• **Required work**
Transcribe the data below verbatim from the line with "p.phase ≢ connecting" to the line with "(drain_actors (ok tt) p)". Include both of those lines.

• **Dataset content**
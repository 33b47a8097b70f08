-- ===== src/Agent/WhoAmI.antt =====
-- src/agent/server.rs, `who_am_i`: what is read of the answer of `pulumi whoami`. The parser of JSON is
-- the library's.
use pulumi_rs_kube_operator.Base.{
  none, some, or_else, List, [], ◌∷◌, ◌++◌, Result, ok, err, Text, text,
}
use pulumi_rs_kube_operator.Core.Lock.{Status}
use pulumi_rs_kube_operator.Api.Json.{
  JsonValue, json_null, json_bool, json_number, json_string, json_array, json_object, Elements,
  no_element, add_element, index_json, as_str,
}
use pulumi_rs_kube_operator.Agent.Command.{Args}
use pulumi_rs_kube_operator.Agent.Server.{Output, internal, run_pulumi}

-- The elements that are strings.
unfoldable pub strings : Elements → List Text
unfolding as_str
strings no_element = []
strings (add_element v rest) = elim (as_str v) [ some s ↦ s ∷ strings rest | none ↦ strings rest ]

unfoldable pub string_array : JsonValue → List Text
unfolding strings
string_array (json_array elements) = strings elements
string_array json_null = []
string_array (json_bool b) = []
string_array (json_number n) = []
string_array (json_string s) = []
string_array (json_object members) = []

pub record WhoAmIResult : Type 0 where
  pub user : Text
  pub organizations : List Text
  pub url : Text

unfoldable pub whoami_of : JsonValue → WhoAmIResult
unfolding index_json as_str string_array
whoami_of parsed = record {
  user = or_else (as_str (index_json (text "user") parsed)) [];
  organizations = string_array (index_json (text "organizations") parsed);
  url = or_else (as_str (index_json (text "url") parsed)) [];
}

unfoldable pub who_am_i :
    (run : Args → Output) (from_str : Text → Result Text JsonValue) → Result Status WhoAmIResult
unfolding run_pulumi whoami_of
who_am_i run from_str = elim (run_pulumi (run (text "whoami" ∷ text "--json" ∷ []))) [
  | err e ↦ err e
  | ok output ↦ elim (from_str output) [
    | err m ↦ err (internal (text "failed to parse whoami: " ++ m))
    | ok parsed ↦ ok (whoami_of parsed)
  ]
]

* * *

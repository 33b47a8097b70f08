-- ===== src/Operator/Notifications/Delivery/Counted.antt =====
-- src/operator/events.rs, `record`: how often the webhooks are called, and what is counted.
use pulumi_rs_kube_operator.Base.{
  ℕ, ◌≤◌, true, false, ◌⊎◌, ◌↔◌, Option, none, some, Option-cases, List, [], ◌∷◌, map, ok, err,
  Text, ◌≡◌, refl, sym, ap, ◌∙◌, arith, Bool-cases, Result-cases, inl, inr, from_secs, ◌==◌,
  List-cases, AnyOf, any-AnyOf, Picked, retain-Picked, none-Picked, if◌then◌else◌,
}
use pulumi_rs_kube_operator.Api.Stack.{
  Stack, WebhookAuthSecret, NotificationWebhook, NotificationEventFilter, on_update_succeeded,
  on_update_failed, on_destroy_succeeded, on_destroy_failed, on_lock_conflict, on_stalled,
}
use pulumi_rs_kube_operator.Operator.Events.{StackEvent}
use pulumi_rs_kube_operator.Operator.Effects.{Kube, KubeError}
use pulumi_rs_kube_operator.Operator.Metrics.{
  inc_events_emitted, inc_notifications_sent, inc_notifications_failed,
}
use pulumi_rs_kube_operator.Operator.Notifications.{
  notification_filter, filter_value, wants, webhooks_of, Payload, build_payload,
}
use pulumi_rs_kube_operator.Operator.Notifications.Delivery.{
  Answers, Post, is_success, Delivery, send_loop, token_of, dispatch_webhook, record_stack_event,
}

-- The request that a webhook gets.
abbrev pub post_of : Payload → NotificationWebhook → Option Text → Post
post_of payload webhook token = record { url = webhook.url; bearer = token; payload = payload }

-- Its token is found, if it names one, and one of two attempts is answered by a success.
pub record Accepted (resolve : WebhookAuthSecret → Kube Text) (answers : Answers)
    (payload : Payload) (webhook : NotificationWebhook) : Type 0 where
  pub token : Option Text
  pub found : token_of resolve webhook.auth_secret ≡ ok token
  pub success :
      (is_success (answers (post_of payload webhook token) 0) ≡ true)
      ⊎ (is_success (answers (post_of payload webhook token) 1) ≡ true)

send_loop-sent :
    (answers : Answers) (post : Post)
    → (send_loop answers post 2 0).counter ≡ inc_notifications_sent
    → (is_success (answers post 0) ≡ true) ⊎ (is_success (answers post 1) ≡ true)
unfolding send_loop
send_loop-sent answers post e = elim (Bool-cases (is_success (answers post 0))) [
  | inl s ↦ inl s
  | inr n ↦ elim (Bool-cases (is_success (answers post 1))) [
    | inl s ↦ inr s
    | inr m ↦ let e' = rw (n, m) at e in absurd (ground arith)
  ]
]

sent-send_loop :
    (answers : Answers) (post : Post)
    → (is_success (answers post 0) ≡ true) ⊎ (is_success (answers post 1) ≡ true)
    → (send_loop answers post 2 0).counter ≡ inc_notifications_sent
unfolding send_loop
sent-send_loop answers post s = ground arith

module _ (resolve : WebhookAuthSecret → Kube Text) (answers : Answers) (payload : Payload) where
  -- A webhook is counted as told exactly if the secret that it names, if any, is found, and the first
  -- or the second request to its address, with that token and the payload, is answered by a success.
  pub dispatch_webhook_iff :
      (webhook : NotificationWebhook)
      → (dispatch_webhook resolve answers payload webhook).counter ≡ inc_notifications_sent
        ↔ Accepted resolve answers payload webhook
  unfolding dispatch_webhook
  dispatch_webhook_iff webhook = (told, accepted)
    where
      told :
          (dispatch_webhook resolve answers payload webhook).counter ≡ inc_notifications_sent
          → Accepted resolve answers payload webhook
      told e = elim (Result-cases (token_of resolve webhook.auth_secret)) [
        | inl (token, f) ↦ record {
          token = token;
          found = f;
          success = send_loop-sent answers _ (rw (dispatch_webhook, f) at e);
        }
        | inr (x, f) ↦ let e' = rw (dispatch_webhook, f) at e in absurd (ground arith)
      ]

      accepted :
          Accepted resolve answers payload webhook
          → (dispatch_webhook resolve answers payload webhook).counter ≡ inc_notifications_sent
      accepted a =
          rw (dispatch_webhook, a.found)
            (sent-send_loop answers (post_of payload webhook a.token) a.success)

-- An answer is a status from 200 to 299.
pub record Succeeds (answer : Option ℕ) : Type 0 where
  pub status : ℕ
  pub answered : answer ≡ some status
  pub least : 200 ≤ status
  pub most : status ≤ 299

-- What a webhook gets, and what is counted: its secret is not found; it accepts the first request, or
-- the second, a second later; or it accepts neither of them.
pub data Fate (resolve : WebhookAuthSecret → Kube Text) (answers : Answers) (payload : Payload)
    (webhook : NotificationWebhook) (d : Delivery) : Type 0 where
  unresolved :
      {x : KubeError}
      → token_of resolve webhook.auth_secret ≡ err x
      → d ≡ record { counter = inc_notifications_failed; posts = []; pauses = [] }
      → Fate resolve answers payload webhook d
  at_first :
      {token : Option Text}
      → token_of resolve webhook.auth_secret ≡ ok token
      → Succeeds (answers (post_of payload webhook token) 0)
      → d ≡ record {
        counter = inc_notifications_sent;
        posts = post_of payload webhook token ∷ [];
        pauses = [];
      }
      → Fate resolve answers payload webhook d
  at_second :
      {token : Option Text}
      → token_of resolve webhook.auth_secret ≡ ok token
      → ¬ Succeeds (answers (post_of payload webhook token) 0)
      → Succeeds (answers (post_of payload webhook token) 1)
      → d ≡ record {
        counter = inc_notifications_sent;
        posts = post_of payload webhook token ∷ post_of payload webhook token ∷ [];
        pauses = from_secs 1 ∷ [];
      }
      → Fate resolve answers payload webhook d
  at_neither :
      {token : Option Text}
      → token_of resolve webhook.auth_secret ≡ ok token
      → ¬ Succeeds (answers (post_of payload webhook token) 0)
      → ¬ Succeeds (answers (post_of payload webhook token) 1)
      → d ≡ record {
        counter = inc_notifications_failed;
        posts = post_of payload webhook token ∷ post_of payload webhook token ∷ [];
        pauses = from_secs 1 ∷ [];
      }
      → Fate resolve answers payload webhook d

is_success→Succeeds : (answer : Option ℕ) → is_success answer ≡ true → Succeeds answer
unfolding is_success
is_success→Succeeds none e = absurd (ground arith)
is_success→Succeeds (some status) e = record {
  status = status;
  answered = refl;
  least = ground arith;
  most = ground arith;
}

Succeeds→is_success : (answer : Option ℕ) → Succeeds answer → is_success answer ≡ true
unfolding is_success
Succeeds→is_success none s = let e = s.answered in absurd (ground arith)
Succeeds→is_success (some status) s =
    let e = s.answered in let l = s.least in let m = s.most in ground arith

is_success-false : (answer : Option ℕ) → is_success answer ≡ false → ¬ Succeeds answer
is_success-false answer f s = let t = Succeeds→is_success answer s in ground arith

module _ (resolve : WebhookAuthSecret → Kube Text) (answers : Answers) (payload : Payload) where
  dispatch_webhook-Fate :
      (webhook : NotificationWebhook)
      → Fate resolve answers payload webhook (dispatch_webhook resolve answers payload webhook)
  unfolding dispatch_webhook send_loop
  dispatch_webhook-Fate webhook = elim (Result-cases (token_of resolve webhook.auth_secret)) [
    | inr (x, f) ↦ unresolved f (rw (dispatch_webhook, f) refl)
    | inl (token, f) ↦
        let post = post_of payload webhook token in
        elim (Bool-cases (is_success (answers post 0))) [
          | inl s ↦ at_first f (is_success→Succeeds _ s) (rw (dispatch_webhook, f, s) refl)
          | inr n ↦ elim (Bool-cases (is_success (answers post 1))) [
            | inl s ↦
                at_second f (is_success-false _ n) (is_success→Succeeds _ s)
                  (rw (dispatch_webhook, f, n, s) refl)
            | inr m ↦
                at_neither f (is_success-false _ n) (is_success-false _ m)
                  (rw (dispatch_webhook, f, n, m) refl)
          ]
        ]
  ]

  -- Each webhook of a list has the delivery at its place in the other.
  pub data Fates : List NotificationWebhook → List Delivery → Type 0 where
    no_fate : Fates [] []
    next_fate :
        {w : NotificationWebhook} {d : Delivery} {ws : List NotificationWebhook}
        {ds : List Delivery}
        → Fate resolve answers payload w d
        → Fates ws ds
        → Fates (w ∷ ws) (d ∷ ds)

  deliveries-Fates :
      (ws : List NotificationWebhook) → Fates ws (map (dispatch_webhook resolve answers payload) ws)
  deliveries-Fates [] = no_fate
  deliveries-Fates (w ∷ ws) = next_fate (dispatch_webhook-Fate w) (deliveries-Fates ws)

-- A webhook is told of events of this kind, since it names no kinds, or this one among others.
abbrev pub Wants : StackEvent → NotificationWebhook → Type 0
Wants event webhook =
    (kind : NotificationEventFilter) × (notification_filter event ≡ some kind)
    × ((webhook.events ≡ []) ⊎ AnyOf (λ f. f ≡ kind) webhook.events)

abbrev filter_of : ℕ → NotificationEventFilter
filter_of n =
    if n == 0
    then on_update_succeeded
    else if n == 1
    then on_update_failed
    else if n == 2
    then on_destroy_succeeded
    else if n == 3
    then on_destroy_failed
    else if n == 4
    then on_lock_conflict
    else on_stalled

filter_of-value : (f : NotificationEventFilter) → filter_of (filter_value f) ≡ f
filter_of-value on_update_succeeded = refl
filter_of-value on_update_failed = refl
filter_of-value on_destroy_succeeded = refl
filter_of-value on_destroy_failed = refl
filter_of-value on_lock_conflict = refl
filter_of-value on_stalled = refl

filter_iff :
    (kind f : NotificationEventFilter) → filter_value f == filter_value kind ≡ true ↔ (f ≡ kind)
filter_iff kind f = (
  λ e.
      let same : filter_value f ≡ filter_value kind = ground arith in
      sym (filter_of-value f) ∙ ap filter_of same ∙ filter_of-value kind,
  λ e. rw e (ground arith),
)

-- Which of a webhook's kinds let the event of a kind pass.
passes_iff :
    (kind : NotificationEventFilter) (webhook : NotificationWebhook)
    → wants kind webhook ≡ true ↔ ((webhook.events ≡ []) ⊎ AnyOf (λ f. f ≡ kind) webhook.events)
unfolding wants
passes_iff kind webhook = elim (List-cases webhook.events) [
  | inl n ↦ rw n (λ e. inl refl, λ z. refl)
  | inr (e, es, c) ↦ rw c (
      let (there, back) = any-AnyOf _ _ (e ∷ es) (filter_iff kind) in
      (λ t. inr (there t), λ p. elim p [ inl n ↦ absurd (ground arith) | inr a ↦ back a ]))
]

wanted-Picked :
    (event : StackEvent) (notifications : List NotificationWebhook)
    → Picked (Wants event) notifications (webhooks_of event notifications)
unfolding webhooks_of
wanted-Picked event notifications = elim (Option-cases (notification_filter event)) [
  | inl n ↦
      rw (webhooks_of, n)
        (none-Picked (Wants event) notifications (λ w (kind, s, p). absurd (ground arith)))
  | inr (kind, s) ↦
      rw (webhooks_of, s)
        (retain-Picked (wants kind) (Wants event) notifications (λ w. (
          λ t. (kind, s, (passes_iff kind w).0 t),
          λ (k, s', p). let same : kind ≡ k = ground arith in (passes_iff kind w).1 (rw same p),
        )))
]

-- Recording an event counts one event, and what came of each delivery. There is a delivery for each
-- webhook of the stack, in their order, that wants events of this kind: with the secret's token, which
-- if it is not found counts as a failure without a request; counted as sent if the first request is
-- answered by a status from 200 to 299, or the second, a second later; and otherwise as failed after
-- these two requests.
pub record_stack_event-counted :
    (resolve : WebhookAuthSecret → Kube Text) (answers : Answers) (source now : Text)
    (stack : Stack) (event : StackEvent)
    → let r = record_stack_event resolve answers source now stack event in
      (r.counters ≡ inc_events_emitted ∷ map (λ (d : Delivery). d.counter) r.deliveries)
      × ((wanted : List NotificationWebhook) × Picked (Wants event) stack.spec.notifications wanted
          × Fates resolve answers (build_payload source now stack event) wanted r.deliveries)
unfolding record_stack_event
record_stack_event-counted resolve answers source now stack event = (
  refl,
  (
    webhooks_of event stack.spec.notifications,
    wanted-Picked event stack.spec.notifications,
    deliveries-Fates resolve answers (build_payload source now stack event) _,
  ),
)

...

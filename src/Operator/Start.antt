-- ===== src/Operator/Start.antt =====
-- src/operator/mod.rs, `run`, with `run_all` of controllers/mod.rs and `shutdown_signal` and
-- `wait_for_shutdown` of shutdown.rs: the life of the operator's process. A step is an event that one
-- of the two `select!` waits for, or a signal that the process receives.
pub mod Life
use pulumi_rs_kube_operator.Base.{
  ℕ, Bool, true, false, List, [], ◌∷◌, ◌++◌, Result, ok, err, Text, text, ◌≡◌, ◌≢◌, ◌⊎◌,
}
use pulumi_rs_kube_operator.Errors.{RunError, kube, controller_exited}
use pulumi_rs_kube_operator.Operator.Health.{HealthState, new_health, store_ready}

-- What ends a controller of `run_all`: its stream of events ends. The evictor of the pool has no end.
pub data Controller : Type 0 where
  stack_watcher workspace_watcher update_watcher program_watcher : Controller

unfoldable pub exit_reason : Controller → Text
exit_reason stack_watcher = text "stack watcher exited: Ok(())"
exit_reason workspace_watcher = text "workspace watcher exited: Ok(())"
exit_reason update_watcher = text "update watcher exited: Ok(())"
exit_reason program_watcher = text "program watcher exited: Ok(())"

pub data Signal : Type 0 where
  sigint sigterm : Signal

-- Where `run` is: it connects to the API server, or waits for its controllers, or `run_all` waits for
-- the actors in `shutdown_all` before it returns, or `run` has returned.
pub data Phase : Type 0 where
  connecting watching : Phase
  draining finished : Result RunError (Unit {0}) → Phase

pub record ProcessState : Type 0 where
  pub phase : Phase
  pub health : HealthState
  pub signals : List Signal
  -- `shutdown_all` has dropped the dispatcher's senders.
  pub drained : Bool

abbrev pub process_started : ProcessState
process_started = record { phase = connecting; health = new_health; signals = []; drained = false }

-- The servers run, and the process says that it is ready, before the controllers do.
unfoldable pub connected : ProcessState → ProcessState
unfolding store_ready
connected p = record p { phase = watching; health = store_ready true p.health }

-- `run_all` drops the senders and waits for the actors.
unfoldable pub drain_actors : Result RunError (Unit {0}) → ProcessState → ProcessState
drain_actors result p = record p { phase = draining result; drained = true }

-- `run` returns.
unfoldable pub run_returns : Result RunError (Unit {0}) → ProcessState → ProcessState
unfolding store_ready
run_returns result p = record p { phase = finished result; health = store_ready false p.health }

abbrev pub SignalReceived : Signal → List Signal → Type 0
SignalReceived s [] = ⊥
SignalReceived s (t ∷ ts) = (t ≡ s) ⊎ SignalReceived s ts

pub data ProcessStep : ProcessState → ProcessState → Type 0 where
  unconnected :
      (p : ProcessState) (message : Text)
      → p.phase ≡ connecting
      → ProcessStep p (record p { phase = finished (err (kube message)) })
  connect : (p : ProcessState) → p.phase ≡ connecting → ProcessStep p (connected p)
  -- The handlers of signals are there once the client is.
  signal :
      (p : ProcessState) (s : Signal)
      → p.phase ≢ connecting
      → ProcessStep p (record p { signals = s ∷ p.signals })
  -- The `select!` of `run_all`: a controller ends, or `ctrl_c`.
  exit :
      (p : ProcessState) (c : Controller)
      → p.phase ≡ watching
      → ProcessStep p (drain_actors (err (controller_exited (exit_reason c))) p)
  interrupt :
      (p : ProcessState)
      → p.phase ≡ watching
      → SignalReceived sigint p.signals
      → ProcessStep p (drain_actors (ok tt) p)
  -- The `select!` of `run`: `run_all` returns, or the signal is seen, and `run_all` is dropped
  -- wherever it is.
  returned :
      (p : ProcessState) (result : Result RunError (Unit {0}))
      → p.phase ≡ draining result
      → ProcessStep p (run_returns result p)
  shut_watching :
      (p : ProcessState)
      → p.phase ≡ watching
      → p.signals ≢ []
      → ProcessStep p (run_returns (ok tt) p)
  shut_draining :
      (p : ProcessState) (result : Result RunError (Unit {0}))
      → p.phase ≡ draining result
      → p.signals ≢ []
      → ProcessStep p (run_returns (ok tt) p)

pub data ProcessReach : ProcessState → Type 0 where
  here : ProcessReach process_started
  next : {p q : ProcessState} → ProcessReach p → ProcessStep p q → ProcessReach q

• **Result of this exercise**
      → p.phase ≢ connecting
      → ProcessStep p (record p { signals = s ∷ p.signals })
  -- The `select!` of `run_all`: a controller ends, or `ctrl_c`.
  exit :
      (p : ProcessState) (c : Controller)
      → p.phase ≡ watching
      → ProcessStep p (drain_actors (err (controller_exited (exit_reason c))) p)
  interrupt :
      (p : ProcessState)
      → p.phase ≡ watching
      → SignalReceived sigint p.signals
      → ProcessStep p (drain_actors (ok tt) p)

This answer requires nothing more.